ACTIVITY ▸
Find the line with "incoming ≡ none" in the listing below. Write it out exactly, along with every later line up to the final one.

SUPPLIED ENTRIES ▸
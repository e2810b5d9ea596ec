-- ===== src/Frame/Reading.antt =====
-- `io.ReadFull` over a buffered connection sees the stream of bytes only, not how the network cut it.
use fabrica_net.Base.{
  ℕ, ◌≤◌, ◌<◌, none, some, Option, List, [], ◌∷◌, ◌++◌, leb, true, length, take, drop, flatten,
  take-append_le, drop-append_le, length-append, length-take, Bool-cases, inl, inr, ◌≡◌, sym, ap,
  subst, arith,
}
use mathlib.Core.List.{append-nil, append_assoc}
use fabrica_net.Frame.{Reader, read_full_from, read_full}

-- What the reader will still deliver.
abbrev pub stream : Reader → List ℕ
stream r = r.buffered ++ flatten r.incoming

-- A read of `n` bytes takes them off the stream.
pub record Reads (n : ℕ) (bytes : List ℕ) (result : Option (List ℕ × Reader)) : Type 0 where
  pub rest : Reader
  pub returned : result ≡ some (take n bytes, rest)
  pub left : stream rest ≡ drop n bytes

enough :
    (n : ℕ) (buffered : List ℕ) (incoming : List (List ℕ))
    → leb n (length buffered) ≡ true
    → Reads n
        (buffered ++ flatten incoming)
        (some (take n buffered, record { buffered = drop n buffered; incoming = incoming }))
enough n buffered incoming e = record {
  rest = record { buffered = drop n buffered; incoming = incoming };
  returned =
      ap (λ b. some (b, record { buffered = drop n buffered; incoming = incoming }))
        (sym (take-append_le n buffered (flatten incoming) (ground arith)));
  left = sym (drop-append_le n buffered (flatten incoming) (ground arith));
}

read_full_from-Reads :
    (n : ℕ) (buffered : List ℕ) (incoming : List (List ℕ))
    → n ≤ length (buffered ++ flatten incoming)
    → Reads n (buffered ++ flatten incoming) (read_full_from n buffered incoming)
unfolding read_full_from
read_full_from-Reads n buffered [] h =
    let e : leb n (length buffered) ≡ true = ground (arith, append-nil buffered) in
    rw e (enough n buffered [] e)
read_full_from-Reads n buffered (chunk ∷ incoming) h = elim (Bool-cases (leb n (length buffered))) [
  | inl e ↦ rw e (enough n buffered (chunk ∷ incoming) e)
  | inr e ↦
      let same = append_assoc buffered chunk (flatten incoming) in
      rw e (
        subst (λ bs. Reads n bs (read_full_from n (buffered ++ chunk) incoming)) same
          (read_full_from-Reads n (buffered ++ chunk) incoming (rw same h)))
]

pub read_full-Reads :
    (n : ℕ) (r : Reader) → n ≤ length (stream r) → Reads n (stream r) (read_full n r)
unfolding read_full
read_full-Reads n r h = read_full_from-Reads n r.buffered r.incoming h

read_full_from-short :
    (n : ℕ) (buffered : List ℕ) (incoming : List (List ℕ))
    → length (buffered ++ flatten incoming) < n
    → read_full_from n buffered incoming ≡ none
unfolding read_full_from
read_full_from-short n buffered [] h = ground (arith, append-nil buffered)
read_full_from-short n buffered (chunk ∷ incoming) h =
    let same = append_assoc buffered chunk (flatten incoming) in
    ground (
      arith,
      length-append buffered (chunk ++ flatten incoming),
      read_full_from-short n (buffered ++ chunk) incoming (rw same h),
    )

pub read_full-short : (n : ℕ) (r : Reader) → length (stream r) < n → read_full n r ≡ none
unfolding read_full
read_full-short n r h = read_full_from-short n r.buffered r.incoming h

read_full_from-length :
    (n : ℕ) (buffered : List ℕ) (incoming : List (List ℕ)) {bytes : List ℕ} {r : Reader}
    → read_full_from n buffered incoming ≡ some (bytes, r)
    → length bytes ≡ n
unfolding read_full_from
read_full_from-length n buffered [] e = ground (arith, length-take n buffered)
read_full_from-length n buffered (chunk ∷ incoming) {bytes} {r} e = ground (
  arith,
  length-take n buffered,
  read_full_from-length n (buffered ++ chunk) incoming {bytes = bytes} {r = r},
)

-- A read that succeeds gives as many bytes as were asked for.
pub read_full-length :
    (n : ℕ) (r : Reader) {bytes : List ℕ} {r' : Reader}
    → read_full n r ≡ some (bytes, r')
    → length bytes ≡ n
unfolding read_full
read_full-length n r e = read_full_from-length n r.buffered r.incoming e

OUTPUT FOR THIS TASK ▸
    → read_full_from n buffered incoming ≡ none
unfolding read_full_from
read_full_from-short n buffered [] h = ground (arith, append-nil buffered)
read_full_from-short n buffered (chunk ∷ incoming) h =
    let same = append_assoc buffered chunk (flatten incoming) in
    ground (
      arith,
      length-append buffered (chunk ++ flatten incoming),
      read_full_from-short n (buffered ++ chunk) incoming (rw same h),
    )

pub read_full-short : (n : ℕ) (r : Reader) → length (stream r) < n → read_full n r ≡ none
unfolding read_full
read_full-short n r h = read_full_from-short n r.buffered r.incoming h

read_full_from-length :
    (n : ℕ) (buffered : List ℕ) (incoming : List (List ℕ)) {bytes : List ℕ} {r : Reader}
    → read_full_from n buffered incoming ≡ some (bytes, r)
    → length bytes ≡ n
unfolding read_full_from
read_full_from-length n buffered [] e = ground (arith, length-take n buffered)
read_full_from-length n buffered (chunk ∷ incoming) {bytes} {r} e = ground (
  arith,
  length-take n buffered,
  read_full_from-length n (buffered ++ chunk) incoming {bytes = bytes} {r = r},
)

-- A read that succeeds gives as many bytes as were asked for.
pub read_full-length :
    (n : ℕ) (r : Reader) {bytes : List ℕ} {r' : Reader}
    → read_full n r ≡ some (bytes, r')
    → length bytes ≡ n
unfolding read_full
read_full-length n r e = read_full_from-length n r.buffered r.incoming e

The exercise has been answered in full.